> **Exercise requirements**
Scan the entries below and return each line that contains "Option".

> **Dataset excerpts**

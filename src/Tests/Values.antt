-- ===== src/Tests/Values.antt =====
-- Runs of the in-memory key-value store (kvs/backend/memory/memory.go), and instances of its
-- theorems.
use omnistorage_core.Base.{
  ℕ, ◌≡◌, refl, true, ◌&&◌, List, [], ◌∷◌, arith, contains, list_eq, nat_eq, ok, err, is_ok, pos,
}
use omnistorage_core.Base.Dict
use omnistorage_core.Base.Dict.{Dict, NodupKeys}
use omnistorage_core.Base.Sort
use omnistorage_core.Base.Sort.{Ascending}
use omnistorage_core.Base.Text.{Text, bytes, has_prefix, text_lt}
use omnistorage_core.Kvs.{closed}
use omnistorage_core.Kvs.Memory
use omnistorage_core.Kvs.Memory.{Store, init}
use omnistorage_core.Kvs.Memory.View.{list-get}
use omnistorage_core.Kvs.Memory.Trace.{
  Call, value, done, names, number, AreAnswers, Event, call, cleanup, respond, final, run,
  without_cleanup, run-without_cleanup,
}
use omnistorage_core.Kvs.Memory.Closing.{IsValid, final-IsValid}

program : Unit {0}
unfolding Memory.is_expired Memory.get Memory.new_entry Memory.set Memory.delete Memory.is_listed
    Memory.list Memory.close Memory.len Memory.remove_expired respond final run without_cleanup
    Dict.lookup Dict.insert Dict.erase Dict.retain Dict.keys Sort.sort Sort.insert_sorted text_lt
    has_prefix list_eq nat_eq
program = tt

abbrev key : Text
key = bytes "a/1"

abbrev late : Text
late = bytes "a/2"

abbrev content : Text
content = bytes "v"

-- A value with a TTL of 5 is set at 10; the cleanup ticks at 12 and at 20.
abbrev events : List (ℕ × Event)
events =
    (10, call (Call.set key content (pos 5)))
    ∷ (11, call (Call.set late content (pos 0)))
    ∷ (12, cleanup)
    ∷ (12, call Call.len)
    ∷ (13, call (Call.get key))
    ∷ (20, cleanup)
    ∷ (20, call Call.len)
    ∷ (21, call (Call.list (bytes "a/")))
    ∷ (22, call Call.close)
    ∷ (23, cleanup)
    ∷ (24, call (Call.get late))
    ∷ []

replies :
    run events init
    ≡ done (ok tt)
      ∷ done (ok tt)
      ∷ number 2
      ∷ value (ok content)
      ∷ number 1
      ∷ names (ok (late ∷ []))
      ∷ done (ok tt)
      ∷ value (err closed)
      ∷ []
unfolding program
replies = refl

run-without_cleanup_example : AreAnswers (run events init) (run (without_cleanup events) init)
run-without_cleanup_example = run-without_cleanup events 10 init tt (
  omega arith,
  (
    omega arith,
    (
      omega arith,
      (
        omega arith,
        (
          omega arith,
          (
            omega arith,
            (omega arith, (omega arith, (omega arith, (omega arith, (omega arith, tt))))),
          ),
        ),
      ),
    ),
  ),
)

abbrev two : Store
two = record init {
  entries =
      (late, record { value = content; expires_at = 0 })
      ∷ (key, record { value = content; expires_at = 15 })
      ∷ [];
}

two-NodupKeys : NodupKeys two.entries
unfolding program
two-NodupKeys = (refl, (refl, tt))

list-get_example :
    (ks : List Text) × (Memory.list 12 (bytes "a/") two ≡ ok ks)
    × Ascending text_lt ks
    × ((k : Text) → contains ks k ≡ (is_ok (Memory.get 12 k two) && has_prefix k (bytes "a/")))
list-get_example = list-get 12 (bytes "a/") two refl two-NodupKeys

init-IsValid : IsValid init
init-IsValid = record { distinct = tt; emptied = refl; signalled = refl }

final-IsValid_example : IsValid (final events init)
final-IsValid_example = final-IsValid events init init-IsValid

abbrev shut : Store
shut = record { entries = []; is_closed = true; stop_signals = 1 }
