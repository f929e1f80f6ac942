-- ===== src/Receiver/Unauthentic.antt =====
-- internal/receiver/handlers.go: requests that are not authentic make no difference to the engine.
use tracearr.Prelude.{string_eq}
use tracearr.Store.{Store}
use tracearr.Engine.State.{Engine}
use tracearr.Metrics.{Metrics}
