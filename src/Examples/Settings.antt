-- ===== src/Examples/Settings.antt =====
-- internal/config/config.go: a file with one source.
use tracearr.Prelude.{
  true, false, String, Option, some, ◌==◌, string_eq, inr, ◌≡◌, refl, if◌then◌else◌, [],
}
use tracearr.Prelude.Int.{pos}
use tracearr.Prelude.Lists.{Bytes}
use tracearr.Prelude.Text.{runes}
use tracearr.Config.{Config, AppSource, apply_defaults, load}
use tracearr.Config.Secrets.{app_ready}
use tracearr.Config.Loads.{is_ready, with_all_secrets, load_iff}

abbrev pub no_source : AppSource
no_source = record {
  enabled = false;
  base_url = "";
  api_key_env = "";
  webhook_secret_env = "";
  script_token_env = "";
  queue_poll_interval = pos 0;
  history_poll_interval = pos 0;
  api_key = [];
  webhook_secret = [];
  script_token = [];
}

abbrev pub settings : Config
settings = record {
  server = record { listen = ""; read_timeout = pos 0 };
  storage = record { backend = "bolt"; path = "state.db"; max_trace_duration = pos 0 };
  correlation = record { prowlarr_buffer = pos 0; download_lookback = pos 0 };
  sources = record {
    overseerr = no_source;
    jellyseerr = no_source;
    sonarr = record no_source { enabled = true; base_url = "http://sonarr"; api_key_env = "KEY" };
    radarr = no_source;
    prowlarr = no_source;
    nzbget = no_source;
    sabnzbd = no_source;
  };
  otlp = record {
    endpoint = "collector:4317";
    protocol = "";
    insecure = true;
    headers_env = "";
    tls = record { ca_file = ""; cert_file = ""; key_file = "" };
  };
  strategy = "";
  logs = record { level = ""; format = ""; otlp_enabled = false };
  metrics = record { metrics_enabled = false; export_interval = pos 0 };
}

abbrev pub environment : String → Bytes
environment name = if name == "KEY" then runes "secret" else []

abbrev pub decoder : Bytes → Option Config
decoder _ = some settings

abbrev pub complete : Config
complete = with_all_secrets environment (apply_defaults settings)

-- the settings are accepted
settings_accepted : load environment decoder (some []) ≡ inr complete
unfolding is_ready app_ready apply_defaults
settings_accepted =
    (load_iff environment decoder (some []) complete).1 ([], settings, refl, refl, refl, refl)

> **Answer to this problem**
  true, false, String, Option, some, ◌==◌, string_eq, inr, ◌≡◌, refl, if◌then◌else◌, [],
abbrev pub decoder : Bytes → Option Config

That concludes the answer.